Zero-Shot Object Goal Visual Navigation With Class-Independent Relationship Network

TL;DR

The paper addresses zero-shot object goal visual navigation, where targets are unseen during training. It proposes Class-Independent Relationship Network (CIRN), which builds a target-agnostic state from object detections and semantic similarity to the target, then uses a Graph Convolutional Network to model object relationships followed by an LSTM with an Actor-Critic policy for action selection. A key contribution is decoupling navigation capability from target features, enabling robust zero-shot generalization across cross-target and cross-scene settings in AI2-THOR. Results show CIRN outperforms state-of-the-art zero-shot baselines, with code available for reproduction. This work advances practical embodied AI by reducing reliance on target-specific training data and improving generalization to unseen objects.

Abstract

This paper investigates the zero-shot object goal visual navigation problem. In the object goal visual navigation task, the agent needs to locate navigation targets from its egocentric visual input. "Zero-shot" means that the target the agent needs to find is not trained during the training phase. To address the issue of coupling navigation ability with target features during training, we propose the Class-Independent Relationship Network (CIRN). This method combines target detection information with the relative semantic similarity between the target and the navigation target, and constructs a brand new state representation based on similarity ranking, this state representation does not include target feature or environment feature, effectively decoupling the agent's navigation ability from target features. And a Graph Convolutional Network (GCN) is employed to learn the relationships between different objects based on their similarities. During testing, our approach demonstrates strong generalization capabilities, including zero-shot navigation tasks with different targets and environments. Through extensive experiments in the AI2-THOR virtual environment, our method outperforms the current state-of-the-art approaches in the zero-shot object goal visual navigation task. Furthermore, we conducted experiments in more challenging cross-target and cross-scene settings, which further validate the robustness and generalization ability of our method. Our code is available at: https://github.com/SmartAndCleverRobot/ICRA-CIRN.
Paper Structure (7 sections, 1 equation, 2 figures, 5 tables)
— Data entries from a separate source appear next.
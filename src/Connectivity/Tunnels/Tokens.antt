-- ===== src/Connectivity/Tunnels/Tokens.antt =====
-- How the attempts and the tokens of the registry belong together.
use agent_tunnel.Base.{◌≡◌, refl, false, none, some, List, [], ◌∷◌, ◌⊎◌, arith, ◌==◌, nat_eq}
use agent_tunnel.Base.Text.{Text, text_eq}
use agent_tunnel.Base.Dict.{Dict, lookup, delete, lookup-delete, Distinct, delete-Distinct}
use agent_tunnel.Connectivity.{Registry, TunnelAttempt, TunnelToken, Actor, client, daemon}
use agent_tunnel.Connectivity.Removal.{remove_tunnel_attempt, remove_each}
use agent_tunnel.Connectivity.Redeem.{is_redeemed}

abbrev pub token_of : Actor → TunnelAttempt → Text
token_of client attempt = attempt.app_token
token_of daemon attempt = attempt.daemon_token

-- The attempt that a stored token is for: it is there, the token is the one that was drawn for this
-- side of it, and this side has not redeemed it yet.
abbrev pub IsTokenFor : Dict Text TunnelAttempt → Text → TunnelToken → Type 0
IsTokenFor attempts token stored =
    (a : TunnelAttempt) × (lookup stored.attempt_id attempts ≡ some a)
    × (token_of stored.actor a ≡ token)
    × (is_redeemed stored.actor a ≡ false)

-- The invariant of the two maps.
pub record WellFormed (attempts : Dict Text TunnelAttempt) (tokens : Dict Text TunnelToken)
    : Type 0 where
  pub distinct : Distinct attempts
  pub keyed : (key : Text) (a : TunnelAttempt) → lookup key attempts ≡ some a → a.key ≡ key
  pub backed :
      (token : Text) (stored : TunnelToken)
      → lookup token tokens ≡ some stored
      → IsTokenFor attempts token stored

-- The two maps without an attempt.
abbrev pub less_attempts : Dict Text TunnelAttempt → TunnelAttempt → Dict Text TunnelAttempt
less_attempts attempts a = delete a.key attempts

abbrev pub less_tokens : Dict Text TunnelToken → TunnelAttempt → Dict Text TunnelToken
less_tokens tokens a = delete a.daemon_token (delete a.app_token tokens)

pub drop_attempts : Dict Text TunnelAttempt → List TunnelAttempt → Dict Text TunnelAttempt
drop_attempts attempts [] = attempts
drop_attempts attempts (a ∷ l) = drop_attempts (less_attempts attempts a) l

pub drop_tokens : Dict Text TunnelToken → List TunnelAttempt → Dict Text TunnelToken
drop_tokens tokens [] = tokens
drop_tokens tokens (a ∷ l) = drop_tokens (less_tokens tokens a) l

pub remove_each-drop :
    (r : Registry) (l : List TunnelAttempt)
    → (remove_each r l).0
      ≡ record r { attempts = drop_attempts r.attempts l; tokens = drop_tokens r.tokens l }
unfolding remove_each remove_tunnel_attempt drop_attempts drop_tokens
remove_each-drop r [] = refl
remove_each-drop r (a ∷ l) = remove_each-drop (remove_tunnel_attempt r a).0 l

-- An attempt that may be taken out: it is the one under its key, or there is none.
abbrev pub IsHeld : Dict Text TunnelAttempt → TunnelAttempt → Type 0
IsHeld attempts a = (lookup a.key attempts ≡ some a) ⊎ (lookup a.key attempts ≡ none)

pub less-IsHeld :
    (attempts : Dict Text TunnelAttempt) (a b : TunnelAttempt)
    → IsHeld attempts b
    → IsHeld (less_attempts attempts a) b
less-IsHeld attempts a b h = ground (arith, lookup-delete a.key b.key attempts)

-- Both tokens of an attempt go with it.
lookup-less_tokens :
    (tokens : Dict Text TunnelToken) (a : TunnelAttempt) (actor : Actor)
    → lookup (token_of actor a) (less_tokens tokens a) ≡ none
lookup-less_tokens tokens a client = ground (
  arith,
  lookup-delete a.app_token a.app_token tokens,
  lookup-delete a.daemon_token a.app_token (delete a.app_token tokens),
)
lookup-less_tokens tokens a daemon =
    ground (arith, lookup-delete a.daemon_token a.daemon_token (delete a.app_token tokens))

module _ (attempts : Dict Text TunnelAttempt) (tokens : Dict Text TunnelToken)
    (w : WellFormed attempts tokens) where
  -- A token that is left is for an attempt under another key.
  less-other :
      (a b : TunnelAttempt) (token : Text) (stored : TunnelToken)
      → IsHeld attempts a
      → lookup token (less_tokens tokens a) ≡ some stored
      → lookup stored.attempt_id attempts ≡ some b
      → token_of stored.actor b ≡ token
      → (a.key == stored.attempt_id) ≡ false
  less-other a b token stored h found at mine =
      ground (arith, lookup-less_tokens tokens a stored.actor)

  less-kept :
      (a : TunnelAttempt) (token : Text) (stored : TunnelToken)
      → lookup token (less_tokens tokens a) ≡ some stored
      → lookup token tokens ≡ some stored
  less-kept a token stored found = ground (
    arith,
    lookup-delete a.app_token token tokens,
    lookup-delete a.daemon_token token (delete a.app_token tokens),
  )

  less-backed :
      (a : TunnelAttempt) (token : Text) (stored : TunnelToken)
      → IsHeld attempts a
      → lookup token (less_tokens tokens a) ≡ some stored
      → IsTokenFor (less_attempts attempts a) token stored
  less-backed a token stored h found =
      let (b, at, mine, fresh) = w.backed token stored (less-kept a token stored found) in
      let other = less-other a b token stored h found at mine in
      (b, ground (arith, lookup-delete a.key stored.attempt_id attempts), mine, fresh)

  less-keyed :
      (a : TunnelAttempt) (key : Text) (b : TunnelAttempt)
      → lookup key (less_attempts attempts a) ≡ some b
      → b.key ≡ key
  less-keyed a key b found = w.keyed key b (ground (arith, lookup-delete a.key key attempts))

  pub less-WellFormed :
      (a : TunnelAttempt)
      → IsHeld attempts a
      → WellFormed (less_attempts attempts a) (less_tokens tokens a)
  less-WellFormed a h = record {
    distinct = delete-Distinct a.key attempts w.distinct;
    keyed = less-keyed a;
    backed = λ token stored found. less-backed a token stored h found;
  }
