-- ===== src/Connectivity/Tunnels/Invariant.antt =====
-- The invariant of attempts and tokens under removals and changes.
use agent_tunnel.Base.{
  ℕ, ◌≡◌, ap, ◌∙◌, Bool, true, false, not, some, List, [], ◌∷◌, inl, inr, arith, ◌==◌, nat_eq, All,
  All-map, Bool-cases, Option-cases,
}
use agent_tunnel.Base.Text.{Text, text_eq, trim}
use agent_tunnel.Base.Dict.{
  Dict, lookup, insert, select, lookup-insert, insert-Distinct, select-found,
}
use agent_tunnel.Connectivity.{Registry, TunnelAttempt, TunnelToken, Actor, client, daemon}
use agent_tunnel.Connectivity.Removal.{
  remove_tunnel_attempt, remove_tunnel_attempts, remove_each, sweep_expired_tunnel_attempts,
  expire_unpaired_relay_tunnel, is_kept_at,
}
use agent_tunnel.Connectivity.Redeem.{is_redeemed, close_relay_tunnel}
use agent_tunnel.Connectivity.Tunnels.{drop_old_attempt, finish_relay_tunnel, Pending}
use agent_tunnel.Connectivity.Tunnels.Tokens.{
  WellFormed, IsHeld, IsTokenFor, token_of, less_attempts, less-IsHeld, less-WellFormed,
}

-- The invariant of a registry.
abbrev pub Consistent : Registry → Type 0
Consistent r = WellFormed r.attempts r.tokens

remove_one :
    (r : Registry) (a : TunnelAttempt)
    → Consistent r
    → IsHeld r.attempts a
    → Consistent (remove_tunnel_attempt r a).0
unfolding remove_tunnel_attempt
remove_one r a w h = less-WellFormed r.attempts r.tokens w a h

remove_each-Consistent :
    (r : Registry) (l : List TunnelAttempt)
    → Consistent r
    → All (IsHeld r.attempts) l
    → Consistent (remove_each r l).0
unfolding remove_each remove_tunnel_attempt
remove_each-Consistent r [] w h = w
remove_each-Consistent r (a ∷ l) w h =
    remove_each-Consistent (remove_tunnel_attempt r a).0 l (remove_one r a w (h.0)) (
      All-map (IsHeld r.attempts) (IsHeld (less_attempts r.attempts a))
        (λ b held. less-IsHeld r.attempts a b held) l h.1)

held :
    (r : Registry)
    → Consistent r
    → (key : Text) (a : TunnelAttempt) → lookup key r.attempts ≡ some a
    → IsHeld r.attempts a
held r w key a h = inl (ap (λ k. lookup k r.attempts) (w.keyed key a h) ∙ h)

select-IsHeld :
    (r : Registry) (p : Text → TunnelAttempt → Bool)
    → Consistent r
    → All (IsHeld r.attempts) (select p r.attempts)
select-IsHeld r p w =
    All-map _ (IsHeld r.attempts) (λ a found. held r w found.0 a found.1) (select p r.attempts)
      (select-found p r.attempts w.distinct)

pub remove_tunnel_attempts-Consistent :
    (r : Registry) (p : TunnelAttempt → Bool)
    → Consistent r
    → Consistent (remove_tunnel_attempts r p).0
unfolding remove_tunnel_attempts
remove_tunnel_attempts-Consistent r p w =
    remove_each-Consistent r _ w (select-IsHeld r (λ _ a. p a) w)

pub sweep-Consistent :
    (r : Registry) (now : ℕ) → Consistent r → Consistent (sweep_expired_tunnel_attempts r now).0
unfolding sweep_expired_tunnel_attempts
sweep-Consistent r now w =
    remove_each-Consistent r _ w (select-IsHeld r (λ _ a. not (is_kept_at now a)) w)

-- An attempt is taken out in one step of a case distinction on the lookup.
pub remove_found :
    (r : Registry)
    → Consistent r
    → (key : Text) (a : TunnelAttempt) → lookup key r.attempts ≡ some a
    → Consistent (remove_tunnel_attempt r a).0
remove_found r w key a h = remove_one r a w (held r w key a h)

pub expire-Consistent :
    (r : Registry) (key : Text) (now : ℕ)
    → Consistent r
    → Consistent (expire_unpaired_relay_tunnel r key now).0
unfolding expire_unpaired_relay_tunnel
expire-Consistent r key now w = elim (Option-cases (lookup key r.attempts)) [
  | inl e ↦ ground arith
  | inr (a, e) ↦ ground (arith, remove_found r w key a e)
]

pub close-Consistent :
    (r : Registry) (raw : Text) → Consistent r → Consistent (close_relay_tunnel r raw).0
unfolding close_relay_tunnel
close-Consistent r raw w = elim (Option-cases (lookup (trim raw) r.attempts)) [
  | inl e ↦ ground arith
  | inr (a, e) ↦ ground (arith, remove_found r w (trim raw) a e)
]

pub finish-Consistent :
    (r : Registry) (p : Pending) (delivered : Bool)
    → Consistent r
    → Consistent (finish_relay_tunnel r p delivered).0
unfolding finish_relay_tunnel
finish-Consistent r p true w = w
finish-Consistent r p false w = elim (Option-cases (lookup p.key r.attempts)) [
  | inl e ↦ ground arith
  | inr (a, e) ↦ ground (arith, remove_found r w p.key a e)
]

pub drop_old-Consistent :
    (r : Registry) (key : Text) → Consistent r → Consistent (drop_old_attempt r key).0
unfolding drop_old_attempt
drop_old-Consistent r key w = elim (Option-cases (lookup key r.attempts)) [
  | inl e ↦ ground arith
  | inr (a, e) ↦ ground (arith, remove_found r w key a e)
]

-- A change of the attempt under a key that keeps its key and tokens, and what it has redeemed.
abbrev pub IsChange : TunnelAttempt → TunnelAttempt → Type 0
IsChange a b =
    (b.key ≡ a.key)
    × (b.app_token ≡ a.app_token)
    × (b.daemon_token ≡ a.daemon_token)
    × (b.app_redeemed ≡ a.app_redeemed)
    × (b.daemon_redeemed ≡ a.daemon_redeemed)

change-token_of :
    (actor : Actor) (a b : TunnelAttempt) → IsChange a b → token_of actor b ≡ token_of actor a
change-token_of client a b c = c.1
change-token_of daemon a b c = c.2

change-is_redeemed :
    (actor : Actor) (a b : TunnelAttempt) → IsChange a b → is_redeemed actor b ≡ is_redeemed actor a
change-is_redeemed client a b c = c.3
change-is_redeemed daemon a b c = c.4

module _ (attempts : Dict Text TunnelAttempt) (tokens : Dict Text TunnelToken)
    (w : WellFormed attempts tokens) (key : Text) (a b : TunnelAttempt)
    (at : lookup key attempts ≡ some a) where
  change-keyed :
      (b.key ≡ a.key)
      → (k : Text) (c : TunnelAttempt) → lookup k (insert key b attempts) ≡ some c
      → c.key ≡ k
  change-keyed e k c found =
      ground (arith, lookup-insert key k b attempts, w.keyed key a at, w.keyed k c)

  change-backed :
      IsChange a b
      → (token : Text) (stored : TunnelToken) → lookup token tokens ≡ some stored
      → IsTokenFor (insert key b attempts) token stored
  change-backed change token stored found =
      let (d, at_d, mine, fresh) = w.backed token stored found in
      elim (Bool-cases (key == stored.attempt_id)) [
        | inl e ↦ (
          b,
          ground (arith, lookup-insert key stored.attempt_id b attempts),
          ground (arith, change-token_of stored.actor a b change),
          ground (arith, change-is_redeemed stored.actor a b change),
        )
        | inr e ↦ (d, ground (arith, lookup-insert key stored.attempt_id b attempts), mine, fresh)
      ]

  pub change-WellFormed : IsChange a b → WellFormed (insert key b attempts) tokens
  change-WellFormed change = record {
    distinct = insert-Distinct key b attempts w.distinct;
    keyed = change-keyed (change.0);
    backed = λ token stored found. change-backed change token stored found;
  }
This paper contains 7 sections, 1 equation, 2 figures, 5 tables.

Figures (2)

  • Figure 1: The motivation of this method is to decouple the navigation ability of the agent from the navigation target, as shown in the above figure. The red marked object in the figure represents the navigation target, the yellow marked other object, the numbers on the bounding box refer to the semantic similarity between this object and the navigation target, the navigation target in the left figure is the toaster, and the navigation target in the right figure is the Laptop. Although the test environment and the test target are different from the training, However, in the state set by CIRN, is not contain the feature of the object or environment, and the difference between the two is only in spatial location and semantic similarity.
  • Figure 2: Architecture Overview: The model receives input consisting of object detection information for different classes within the field of view, as well as their semantic similarity to the target, sorted in descending order according to semantic similarity. This input processes through the GCN module before being fed into the LSTM network. The LSTM module is responsible for extracting and retaining past action information. Ultimately, an actor-critic network is used to generate actions.